1. Field
The disclosed concept relates generally to electrical switching apparatus and, more particularly, to electrical switching apparatus such as, for example, circuit breakers. The disclosed concept also relates to shunt separators for electrical switching apparatus.
2. Background Information
Electrical switching apparatus, such as circuit breakers, provide protection for electrical systems from electrical fault conditions such as, for example, current overloads, short circuits, abnormal voltage and other fault conditions.

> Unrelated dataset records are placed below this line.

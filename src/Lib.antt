-- ===== src/Lib.antt =====
-- A verification library for the klauthed Rust workspace: in-memory models of its state-keeping
-- components, and what makes them correct.
--
-- The parts, and the files that model them (paths from the repository's root):
-- - Prelude: lists, sets, association lists (`HashMap`, `BTreeMap`), sorting, signed integers and
--   results, shared by all. Time: klauthed-core/src/time, instants as nanoseconds since the
--   earliest one; the `time` crate is the record `TimeApi`, whose fields state what the code relies
--   on.
-- - Category: klauthed-error/src/category, the statuses of the error categories.
-- - Domain: klauthed-core/src/domain, the event log of an aggregate and the numbering of its
--   events.
-- - Platform.Jobs: klauthed-platform/src/jobs. Model is the job (model.rs), Queue the in-memory
--   queue (queue.rs: `enqueue`, `schedule`, `dequeue_due`, `mark_succeeded`, `mark_failed`,
--   `dequeue_stalled`) and Worker the worker that drains it (worker.rs: `run_once`), with a handler
--   that acts on a world of its own. Claim, Due, Taken, Retry, Backoff and Stalled hold the
--   theorems. Platform.Cron: klauthed-platform/src/cron.rs, the
--   parser (Parse), the matching of a schedule and the search for its next occurrence; the calendar is the record
--   `CalendarApi`.
-- - Data: the crate klauthed-data. Locks (locks/mod.rs: `acquire`, `release`, the guard's `Drop`),
--   Idempotency (idempotency/mod.rs: `begin`, `complete`), RateLimit (rate_limit/memory.rs: the
--   fixed window), Saga (saga/mod.rs: `execute`), Outbox (outbox/mod.rs and relay.rs: `drain`),
--   Pagination.Offset (pagination/offset.rs).
-- - Discovery: the crate klauthed-discovery, with Instance (instance.rs), Registry (registry.rs)
--   and the round-robin Picker (picker.rs).
-- - Security: the crate klauthed-security. Authz (authz: permissions, roles, the authorizer and
--   attribute-based policies), RefreshToken (refresh_token), AuthCode (authz_code, with PKCE),
--   Session (session), Revocation (revocation), Recovery (mfa/recovery.rs), Compare
--   (compare/equal.rs), Client (oauth2_client), Claims (jwt/claims.rs) and Error (the error enum).
-- - Web.OAuth: klauthed-web/src/oauth, the OAuth 2.0 server that composes the stores of Security.
--   Messages are the requests and answers (klauthed-protocol/src/oauth2), Config the configuration,
--   Url the redirects (util.rs), Authorize and Token the endpoints of handlers.rs, Client their
--   shared helpers, Manage the revocation and introspection endpoints (manage.rs). Flow is the
--   monad in which a handler's body returns early. Config takes each store as a record of
--   operations on one state; Memory fills the records with the in-memory stores, and Server puts
--   the endpoints together. A body that ends with `ok` is one that reached its last answer.
-- - Platform.Flags: klauthed-platform/src/featureflag/memory.rs (`is_enabled`, `variant`);
--   Platform.Metering: klauthed-platform/src/metering/memory.rs (`record`, `usage`, `reset`);
--   Platform.Tenancy: klauthed-platform/src/tenancy, the tenant and the in-memory resolver.
-- - Config: klauthed-core/src/config/map.rs (`merge`, `merge_value`, `expand_dotted`); a dotted path
--   is split into its segments before `insert_nested` walks along it.
-- - Validation: klauthed-core/src/validation/errors.rs, the collection of validation errors.
-- - I18n: the crate klauthed-i18n, with Locale (locale.rs), Catalog (catalog.rs, `flatten`, `merge`),
--   Format (format.rs: `interpolate`, one turn of its loop for each character, with the inner loop
--   as a mode) and Messages (lib.rs: `add_catalog`, `resolve`, `translate_with`).
-- - Web.Resilience: klauthed-web/src/resilience, Breaker (circuit_breaker.rs: `allow`, `call`,
--   `record_success`, `record_failure`) with its specification in Spec, and Retry (retry.rs).
--   Web.Cors: klauthed-web/src/cors/registry.rs.
-- - Examples: test data, and each result at a concrete input.
--
-- A component's state is a record or a map, and an operation takes it and returns the new one, with
-- the answer, without the `Ok` where it cannot fail; the readings of the clock, fresh ids and
-- random tokens are arguments, in the order in which the code asks for them. An error is a value of
-- `Result`, and a panic is `none`. A mutex makes each operation atomic, so an execution is a
-- sequence of calls: the histories of Retry, Exclusion, Replay, Families, Exchange, Denylist, Spent
-- and Sequence are lists of such calls.
--
-- `walk`, the loop of `effective_permissions`, runs on fuel: one unit for each pop. Every name that
-- is popped was named or pushed as a parent of a role on its first visit, so the names and the
-- parents of all roles bound the pops. The loops that are not named here are structural. Counters
-- wrap as in a release build of the source: attempts at 2^32, an event log's version and the
-- picker's counter at 2^64; the numbering of a draining that overflows is a panic, `none`, as in a
-- debug build, which a theorem about it excludes by a bound on the version.
--
-- The `search_from` loop runs on the source's own bound of 5 * 366 days of minutes, and `fill`, the
-- loop of `parse_field`, on 257 passes, since each takes a `u8` up by at least one. The retry loop
-- runs on fuel, of which max(max_attempts, 1) is enough.
--
-- Not modelled: the SQL, Redis, MongoDB and message-broker backends, HTTP, the providers of
-- the configuration and telemetry, which are I/O or call other crates; cryptography (AEAD, JWT signatures, PASETO,
-- password hashes, TOTP, passkeys), which is in other crates, taken as parameters where a handler
-- calls it; the token bucket of the rate limiter, which
-- counts in floating point; and the formatting of texts.
pub mod Prelude
pub mod Time
pub mod Web
pub mod Category
pub mod Domain
pub mod Platform
pub mod Data
pub mod Security
pub mod Examples
pub mod Discovery
pub mod I18n
pub mod Config
pub mod Validation
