-- ===== src/Prelude/Sets.antt =====
-- `HashSet` and `BTreeSet` of the standard library, as lists that no insertion repeats.
use mathlib.Core.Path.{◌≡◌}
use mathlib.Core.Bool.{Bool, true, false, ◌||◌}
use mathlib.Core.List.{List, [], ◌∷◌}
use native.Mathlib.Omega.{arith}
use rust_libraries.Prelude.Tests.{if◌then◌else◌}
use rust_libraries.Prelude.Keys.{Eq, ◌==◌, ==_refl}

module _ {ℓ} {A : Type ℓ} ⦃e : Eq A⦄ where
  abbrev pub contains : A → List A → Bool
  contains a [] = false
  contains a (x ∷ xs) = x == a || contains a xs

  -- `BTreeSet::insert`.
  abbrev pub set_insert : A → List A → List A
  set_insert a xs = if contains a xs then xs else a ∷ xs

  -- `BTreeSet::extend`.
  abbrev pub set_extend : List A → List A → List A
  set_extend xs [] = xs
  set_extend xs (a ∷ more) = set_extend (set_insert a xs) more

  pub contains-set_insert :
      (p a : A) (xs : List A) → contains p (set_insert a xs) ≡ (a == p || contains p xs)
  contains-set_insert p a xs = ground (arith, e.beq_iff a p)

  pub contains-set_extend :
      (p : A) (xs more : List A)
      → contains p (set_extend xs more) ≡ (contains p xs || contains p more)
  contains-set_extend p xs [] = ground arith
  contains-set_extend p xs (a ∷ more) =
      ground (arith, contains-set_extend p (set_insert a xs) more, contains-set_insert p a xs)

  pub contains-set_insert_self : (a : A) (xs : List A) → contains a (set_insert a xs) ≡ true
  contains-set_insert_self a xs = ground (arith, contains-set_insert a a xs, ==_refl a)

Typically, circuit breakers include an operating mechanism which opens separable contacts to interrupt the flow of current through the conductors of an electrical system in response to such fault conditions.
The separable contacts generally include a movable contact, which is disposed on a movable contact arm or finger, and a corresponding stationary contact. The movable contact arm is pivotable to move the movable contact into and out of electrical contact with the corresponding stationary contact. For example, the circuit breaker includes an operating assembly having a trip bar. The operating assembly cooperates with the movable contact arm to trip open the separable contacts in response to a fault condition.
The circuit breaker also includes a trip assembly having a load conductor and a plurality of flexible conductors (e.g., without limitation, wires; braids; cables), commonly referred to as shunts. The shunts electrically connect the movable contact arm and the load conductor. More specifically, each shunt is electrically coupled at one end to the load conductor, and at the other end to the movable contact arm. Typically, there are two shunts for each movable contact arm, with each shunt extending past a corresponding portion of the trip bar and being electrically connected to a corresponding end of the movable contact arm. The shunts are flexible to accommodate the motion of the movable contact arm during a fault condition. However, during short circuit fault conditions, for example, magnetic forces cause the two flexible shunts to attract one another. As a result, the shunts move and have a tendency to compress against the corresponding portion of the trip bar. Additionally, an arc, which results from the short circuit, generates debris and particulate matter that can accumulate on the trip bar and/or shunts. These occurrences undesirably inhibit operation (e.g., pivoting) of the trip bar and, therefore, can cause or contribute to adverse interrupting performance (e.g., without limitation, a no latch condition) of the circuit breaker.
There is, therefore, room for improvement in electrical switching apparatus such as, for example, circuit breakers and in shunt separators therefor.